To grant a permission, click the box next to the appropriate table/program area under the Read or Update column, and the box will become checked with a green background. To remove a permission, click the box again, and the check mark and green background will go away. There is no “Save” button for API permissions. Changes are saved immediately as you click the various boxes.
Default Database and Multi-Year Access
The Aeries API utilizes the AeriesNetConnections.config file to determine the database to which it should connect. The API can only be used to connect to the Default Database Group defined in this file. The API can be used to connect to a previous year database within the default Database Group if a parameter named DatabaseYear is included in the query string of the API request. If the DatabaseYear parameter is omitted or invalid, then the API will connect to the Default Year within the default Database Group. The DatabaseYear parameter should be in the format of “YYYY”, using the year at the start of the school year (e.g., “2017” for the 2017-2018 school year).
Aeries Software Elite Partners
Our Elite Partners are companies that have formal business relationships with Aeries Software that can involve co-marketing and sales campaigns as well as financial relationships. Our Elite Partners automatically have 3rd party product records on the API Security page. The Elite Partner status is indicated by a red message above the product name.

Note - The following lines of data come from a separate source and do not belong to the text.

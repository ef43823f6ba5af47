-- ===== src/Kernel/IrqLock.antt =====
-- linux_kernel/src/osal_irqlock.c: interrupt locks over the kernel's spin locks. A lock is a number.
pub mod Nested
mod Tests
use osal.Base.{ℕ, Option, none, some}
use osal.Types.{OsalResult, success}

-- The kernel's calls; `S` is the type of the flags that a caller keeps. `spin_lock_irqsave` is none
-- where the caller spins.
pub record SpinApi (S W : Type 0) : Type 0 where
  pub spin_lock_init : ℕ → W → W
  pub spin_lock_irqsave : ℕ → W → Option (S × W)
  pub spin_unlock_irqrestore : ℕ → S → W → W

module _ {S W : Type 0} (k : SpinApi S W) where
  pub os_irqlock_init : (lock : ℕ) → W → OsalResult × W
  os_irqlock_init lock w = (success, k.spin_lock_init lock w)

  -- What is stored in `state`, once the lock is there.
  unfoldable pub acquired : Option (S × W) → Option (OsalResult × S × W)
  acquired none = none
  acquired (some (state, w)) = some (success, state, w)

  unfoldable pub os_irqlock_acquire : (lock : ℕ) → W → Option (OsalResult × S × W)
  unfolding acquired
  os_irqlock_acquire lock w = acquired (k.spin_lock_irqsave lock w)

  unfoldable pub os_irqlock_release : (lock : ℕ) (state : S) → W → OsalResult × W
  os_irqlock_release lock state w = (success, k.spin_unlock_irqrestore lock state w)

  pub os_irqlock_destroy : (lock : ℕ) → W → OsalResult × W
  os_irqlock_destroy lock w = (success, w)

These records cannot be deleted. Some Elite Partners may have Certificates that are not visible to the customer, while others may be visible. If the Certificate is not visible, then it is only necessary to grant the permissions in order for that Elite Partner to access the API. If the Certificate is visible, then it must be provided to the Elite Partner. The situation may vary depending on the Elite Partner.
Note: If no permissions are granted, then the Elite Partner will not be able to access your Aeries data via the API. Aeries Software and our Elite Partners respect the security and privacy of our customers’ data.